Exercise brief |
Set out exactly every line of the entries below, starting at the line that holds "Keeps-if is_collection _ _" and stopping after the line that holds "(λ o chunks.".

Records provided |
Content starts
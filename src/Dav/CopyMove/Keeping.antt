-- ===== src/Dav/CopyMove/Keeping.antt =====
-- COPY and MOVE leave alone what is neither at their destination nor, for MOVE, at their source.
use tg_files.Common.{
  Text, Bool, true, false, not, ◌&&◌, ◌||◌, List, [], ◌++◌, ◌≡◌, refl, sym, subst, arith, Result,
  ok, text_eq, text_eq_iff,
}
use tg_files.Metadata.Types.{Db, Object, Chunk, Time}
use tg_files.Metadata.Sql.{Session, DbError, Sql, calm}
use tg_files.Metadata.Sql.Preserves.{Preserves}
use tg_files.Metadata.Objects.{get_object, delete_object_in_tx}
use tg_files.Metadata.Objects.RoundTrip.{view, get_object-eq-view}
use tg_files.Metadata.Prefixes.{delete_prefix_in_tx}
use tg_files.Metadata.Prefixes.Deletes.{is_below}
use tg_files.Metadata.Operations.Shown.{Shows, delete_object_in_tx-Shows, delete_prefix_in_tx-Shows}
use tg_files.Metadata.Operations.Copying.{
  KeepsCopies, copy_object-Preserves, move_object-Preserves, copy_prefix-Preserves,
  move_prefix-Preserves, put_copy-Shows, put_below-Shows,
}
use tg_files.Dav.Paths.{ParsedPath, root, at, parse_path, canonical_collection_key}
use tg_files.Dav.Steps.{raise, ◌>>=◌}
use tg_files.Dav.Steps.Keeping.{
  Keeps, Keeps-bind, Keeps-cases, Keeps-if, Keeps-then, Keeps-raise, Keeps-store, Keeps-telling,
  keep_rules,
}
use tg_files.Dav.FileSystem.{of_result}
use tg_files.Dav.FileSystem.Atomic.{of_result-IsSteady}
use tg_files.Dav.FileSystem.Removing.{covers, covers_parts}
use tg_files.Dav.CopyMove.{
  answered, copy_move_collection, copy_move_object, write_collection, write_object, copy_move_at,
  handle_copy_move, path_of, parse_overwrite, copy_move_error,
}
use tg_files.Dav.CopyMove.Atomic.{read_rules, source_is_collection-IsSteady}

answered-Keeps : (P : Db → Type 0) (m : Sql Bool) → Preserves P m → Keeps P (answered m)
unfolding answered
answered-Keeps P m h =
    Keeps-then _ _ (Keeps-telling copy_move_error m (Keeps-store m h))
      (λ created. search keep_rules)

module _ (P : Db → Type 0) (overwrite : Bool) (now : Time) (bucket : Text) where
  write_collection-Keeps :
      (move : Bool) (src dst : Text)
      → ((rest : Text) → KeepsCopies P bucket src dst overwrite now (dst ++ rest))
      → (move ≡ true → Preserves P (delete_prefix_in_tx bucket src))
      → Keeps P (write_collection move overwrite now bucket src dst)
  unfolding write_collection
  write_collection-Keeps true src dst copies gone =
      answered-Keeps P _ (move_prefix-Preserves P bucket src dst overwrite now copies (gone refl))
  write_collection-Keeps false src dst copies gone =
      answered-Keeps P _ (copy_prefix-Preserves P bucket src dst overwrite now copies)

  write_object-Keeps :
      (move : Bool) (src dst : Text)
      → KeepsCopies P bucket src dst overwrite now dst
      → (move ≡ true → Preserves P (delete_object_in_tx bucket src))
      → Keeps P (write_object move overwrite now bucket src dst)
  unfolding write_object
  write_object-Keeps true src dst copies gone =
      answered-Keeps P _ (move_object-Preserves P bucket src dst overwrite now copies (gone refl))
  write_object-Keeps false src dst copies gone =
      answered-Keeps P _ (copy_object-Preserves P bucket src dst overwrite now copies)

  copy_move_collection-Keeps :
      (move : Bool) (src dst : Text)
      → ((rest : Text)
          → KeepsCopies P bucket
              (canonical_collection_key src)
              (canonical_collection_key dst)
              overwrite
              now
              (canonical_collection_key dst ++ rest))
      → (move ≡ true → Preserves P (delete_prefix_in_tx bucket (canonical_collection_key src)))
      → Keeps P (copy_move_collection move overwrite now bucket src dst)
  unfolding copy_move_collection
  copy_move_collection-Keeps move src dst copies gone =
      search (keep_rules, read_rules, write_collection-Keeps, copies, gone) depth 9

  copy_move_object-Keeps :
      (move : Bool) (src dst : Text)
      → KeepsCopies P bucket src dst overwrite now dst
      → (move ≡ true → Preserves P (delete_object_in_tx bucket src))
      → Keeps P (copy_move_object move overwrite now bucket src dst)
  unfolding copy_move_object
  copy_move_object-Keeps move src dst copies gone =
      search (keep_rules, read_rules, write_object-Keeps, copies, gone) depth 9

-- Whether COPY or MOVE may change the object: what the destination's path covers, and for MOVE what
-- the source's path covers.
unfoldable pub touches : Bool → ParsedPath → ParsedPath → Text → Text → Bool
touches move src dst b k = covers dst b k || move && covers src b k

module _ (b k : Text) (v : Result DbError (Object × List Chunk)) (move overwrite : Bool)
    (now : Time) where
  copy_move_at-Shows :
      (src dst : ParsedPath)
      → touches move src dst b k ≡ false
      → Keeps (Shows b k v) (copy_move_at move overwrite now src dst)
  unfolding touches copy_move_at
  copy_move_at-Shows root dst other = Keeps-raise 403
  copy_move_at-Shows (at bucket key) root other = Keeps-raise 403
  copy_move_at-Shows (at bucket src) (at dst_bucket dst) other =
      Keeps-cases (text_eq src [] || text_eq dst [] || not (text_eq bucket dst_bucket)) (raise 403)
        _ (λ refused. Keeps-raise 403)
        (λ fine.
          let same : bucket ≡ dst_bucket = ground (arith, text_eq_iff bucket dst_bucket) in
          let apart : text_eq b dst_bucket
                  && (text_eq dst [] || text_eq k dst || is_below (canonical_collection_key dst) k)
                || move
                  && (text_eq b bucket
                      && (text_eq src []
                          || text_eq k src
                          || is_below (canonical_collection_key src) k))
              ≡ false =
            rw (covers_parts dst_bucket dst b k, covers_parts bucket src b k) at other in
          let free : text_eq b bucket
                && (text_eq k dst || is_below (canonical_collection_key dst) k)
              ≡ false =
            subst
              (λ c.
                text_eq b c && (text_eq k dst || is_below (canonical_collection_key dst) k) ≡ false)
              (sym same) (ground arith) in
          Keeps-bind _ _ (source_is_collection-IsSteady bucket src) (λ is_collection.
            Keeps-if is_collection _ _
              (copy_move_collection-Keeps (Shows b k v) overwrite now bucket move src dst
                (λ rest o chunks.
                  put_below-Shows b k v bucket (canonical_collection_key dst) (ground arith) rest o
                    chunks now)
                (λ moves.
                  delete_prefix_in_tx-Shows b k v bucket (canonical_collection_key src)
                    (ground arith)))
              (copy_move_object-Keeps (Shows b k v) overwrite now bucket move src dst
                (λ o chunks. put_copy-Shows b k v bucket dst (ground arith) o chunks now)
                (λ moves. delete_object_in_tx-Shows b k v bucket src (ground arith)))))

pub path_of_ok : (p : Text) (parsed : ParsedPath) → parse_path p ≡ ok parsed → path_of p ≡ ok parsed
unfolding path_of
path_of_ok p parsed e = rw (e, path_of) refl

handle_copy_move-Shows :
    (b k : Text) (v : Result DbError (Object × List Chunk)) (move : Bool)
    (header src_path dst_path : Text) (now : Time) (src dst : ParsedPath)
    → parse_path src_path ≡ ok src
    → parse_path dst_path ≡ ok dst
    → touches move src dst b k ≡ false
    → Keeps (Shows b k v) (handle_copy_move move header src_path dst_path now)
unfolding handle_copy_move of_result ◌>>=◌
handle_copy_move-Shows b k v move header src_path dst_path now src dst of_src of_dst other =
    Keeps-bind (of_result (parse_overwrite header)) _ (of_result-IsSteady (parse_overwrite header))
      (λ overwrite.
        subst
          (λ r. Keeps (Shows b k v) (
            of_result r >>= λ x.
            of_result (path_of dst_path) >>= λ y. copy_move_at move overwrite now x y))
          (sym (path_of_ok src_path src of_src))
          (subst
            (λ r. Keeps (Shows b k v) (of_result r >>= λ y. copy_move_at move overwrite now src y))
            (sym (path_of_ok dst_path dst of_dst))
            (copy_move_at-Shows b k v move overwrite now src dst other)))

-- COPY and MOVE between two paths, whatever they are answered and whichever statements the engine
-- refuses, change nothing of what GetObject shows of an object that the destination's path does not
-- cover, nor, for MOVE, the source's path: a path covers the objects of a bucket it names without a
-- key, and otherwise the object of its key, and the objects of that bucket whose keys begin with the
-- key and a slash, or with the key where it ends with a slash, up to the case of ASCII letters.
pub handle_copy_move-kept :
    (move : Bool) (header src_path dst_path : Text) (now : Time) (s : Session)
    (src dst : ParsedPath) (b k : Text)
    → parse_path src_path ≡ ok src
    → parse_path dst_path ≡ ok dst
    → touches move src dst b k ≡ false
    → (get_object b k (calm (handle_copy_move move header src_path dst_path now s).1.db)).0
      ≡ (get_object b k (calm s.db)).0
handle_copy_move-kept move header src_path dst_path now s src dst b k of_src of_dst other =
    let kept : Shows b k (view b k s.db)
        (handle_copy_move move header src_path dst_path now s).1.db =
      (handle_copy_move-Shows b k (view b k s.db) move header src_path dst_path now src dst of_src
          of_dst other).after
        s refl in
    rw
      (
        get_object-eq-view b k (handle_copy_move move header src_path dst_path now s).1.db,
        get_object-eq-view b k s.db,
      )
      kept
Content ends
Content starts
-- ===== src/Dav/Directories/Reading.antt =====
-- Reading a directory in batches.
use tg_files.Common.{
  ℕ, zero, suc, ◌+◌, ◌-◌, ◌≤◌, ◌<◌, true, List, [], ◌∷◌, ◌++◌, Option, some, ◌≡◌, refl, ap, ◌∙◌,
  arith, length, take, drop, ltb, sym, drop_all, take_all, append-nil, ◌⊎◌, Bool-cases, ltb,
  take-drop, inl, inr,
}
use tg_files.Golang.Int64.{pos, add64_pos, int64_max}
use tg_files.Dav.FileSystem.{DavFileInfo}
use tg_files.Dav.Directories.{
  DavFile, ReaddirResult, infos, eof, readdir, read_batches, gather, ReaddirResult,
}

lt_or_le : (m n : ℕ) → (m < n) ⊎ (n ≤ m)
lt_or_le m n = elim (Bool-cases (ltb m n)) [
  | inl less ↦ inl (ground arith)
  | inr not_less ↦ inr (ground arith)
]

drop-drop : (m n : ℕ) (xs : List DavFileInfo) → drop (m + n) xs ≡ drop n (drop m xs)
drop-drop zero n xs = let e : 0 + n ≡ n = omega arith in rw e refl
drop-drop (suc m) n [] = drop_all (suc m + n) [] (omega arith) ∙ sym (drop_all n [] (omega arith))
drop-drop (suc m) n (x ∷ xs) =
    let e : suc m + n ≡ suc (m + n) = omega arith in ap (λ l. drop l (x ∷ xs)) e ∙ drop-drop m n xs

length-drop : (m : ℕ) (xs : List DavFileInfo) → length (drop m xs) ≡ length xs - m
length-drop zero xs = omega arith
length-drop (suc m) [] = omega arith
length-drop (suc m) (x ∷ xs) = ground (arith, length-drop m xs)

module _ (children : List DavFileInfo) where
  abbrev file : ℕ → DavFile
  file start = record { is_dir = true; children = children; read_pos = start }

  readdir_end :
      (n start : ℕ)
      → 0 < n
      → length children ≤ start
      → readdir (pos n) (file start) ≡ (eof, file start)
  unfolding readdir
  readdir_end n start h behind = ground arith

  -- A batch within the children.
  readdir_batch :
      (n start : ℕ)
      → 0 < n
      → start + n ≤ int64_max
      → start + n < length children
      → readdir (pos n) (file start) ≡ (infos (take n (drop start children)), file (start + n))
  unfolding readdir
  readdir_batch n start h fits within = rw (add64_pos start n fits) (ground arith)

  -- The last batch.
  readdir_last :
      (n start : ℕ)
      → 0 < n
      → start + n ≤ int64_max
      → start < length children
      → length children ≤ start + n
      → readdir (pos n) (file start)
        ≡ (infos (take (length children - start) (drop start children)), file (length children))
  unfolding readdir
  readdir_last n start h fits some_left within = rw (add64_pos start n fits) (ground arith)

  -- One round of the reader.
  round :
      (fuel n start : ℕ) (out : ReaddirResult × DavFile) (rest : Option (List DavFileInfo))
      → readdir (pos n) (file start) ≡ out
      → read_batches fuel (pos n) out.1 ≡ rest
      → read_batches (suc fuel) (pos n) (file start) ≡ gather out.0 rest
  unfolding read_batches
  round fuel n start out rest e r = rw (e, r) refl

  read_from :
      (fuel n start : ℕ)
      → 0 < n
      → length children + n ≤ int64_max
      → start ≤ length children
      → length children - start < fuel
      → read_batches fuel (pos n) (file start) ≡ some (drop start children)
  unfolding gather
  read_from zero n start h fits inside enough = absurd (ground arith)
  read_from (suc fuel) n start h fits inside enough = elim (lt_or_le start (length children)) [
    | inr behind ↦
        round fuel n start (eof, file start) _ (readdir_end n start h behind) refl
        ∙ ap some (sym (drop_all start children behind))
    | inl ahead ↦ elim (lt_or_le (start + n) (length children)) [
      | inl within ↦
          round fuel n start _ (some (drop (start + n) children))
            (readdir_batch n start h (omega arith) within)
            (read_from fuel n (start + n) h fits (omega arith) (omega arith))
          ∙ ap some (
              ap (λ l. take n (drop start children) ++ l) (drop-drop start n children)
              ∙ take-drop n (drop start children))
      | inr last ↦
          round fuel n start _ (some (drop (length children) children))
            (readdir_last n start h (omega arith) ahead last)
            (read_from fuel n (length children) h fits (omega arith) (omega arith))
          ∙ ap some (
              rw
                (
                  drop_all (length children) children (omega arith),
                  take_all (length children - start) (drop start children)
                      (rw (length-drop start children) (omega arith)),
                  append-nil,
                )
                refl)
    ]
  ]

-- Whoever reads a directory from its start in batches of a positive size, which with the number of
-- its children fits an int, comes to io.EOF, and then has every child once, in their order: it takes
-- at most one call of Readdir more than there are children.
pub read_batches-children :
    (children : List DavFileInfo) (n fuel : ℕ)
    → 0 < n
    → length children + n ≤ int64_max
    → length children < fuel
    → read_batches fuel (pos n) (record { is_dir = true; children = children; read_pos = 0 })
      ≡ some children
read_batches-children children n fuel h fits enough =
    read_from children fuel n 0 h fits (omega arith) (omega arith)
Content ends
Response below |
            Keeps-if is_collection _ _
              (copy_move_collection-Keeps (Shows b k v) overwrite now bucket move src dst
                (λ rest o chunks.
                  put_below-Shows b k v bucket (canonical_collection_key dst) (ground arith) rest o
                    chunks now)
                (λ moves.
                  delete_prefix_in_tx-Shows b k v bucket (canonical_collection_key src)
                    (ground arith)))
              (copy_move_object-Keeps (Shows b k v) overwrite now bucket move src dst
                (λ o chunks. put_copy-Shows b k v bucket dst (ground arith) o chunks now)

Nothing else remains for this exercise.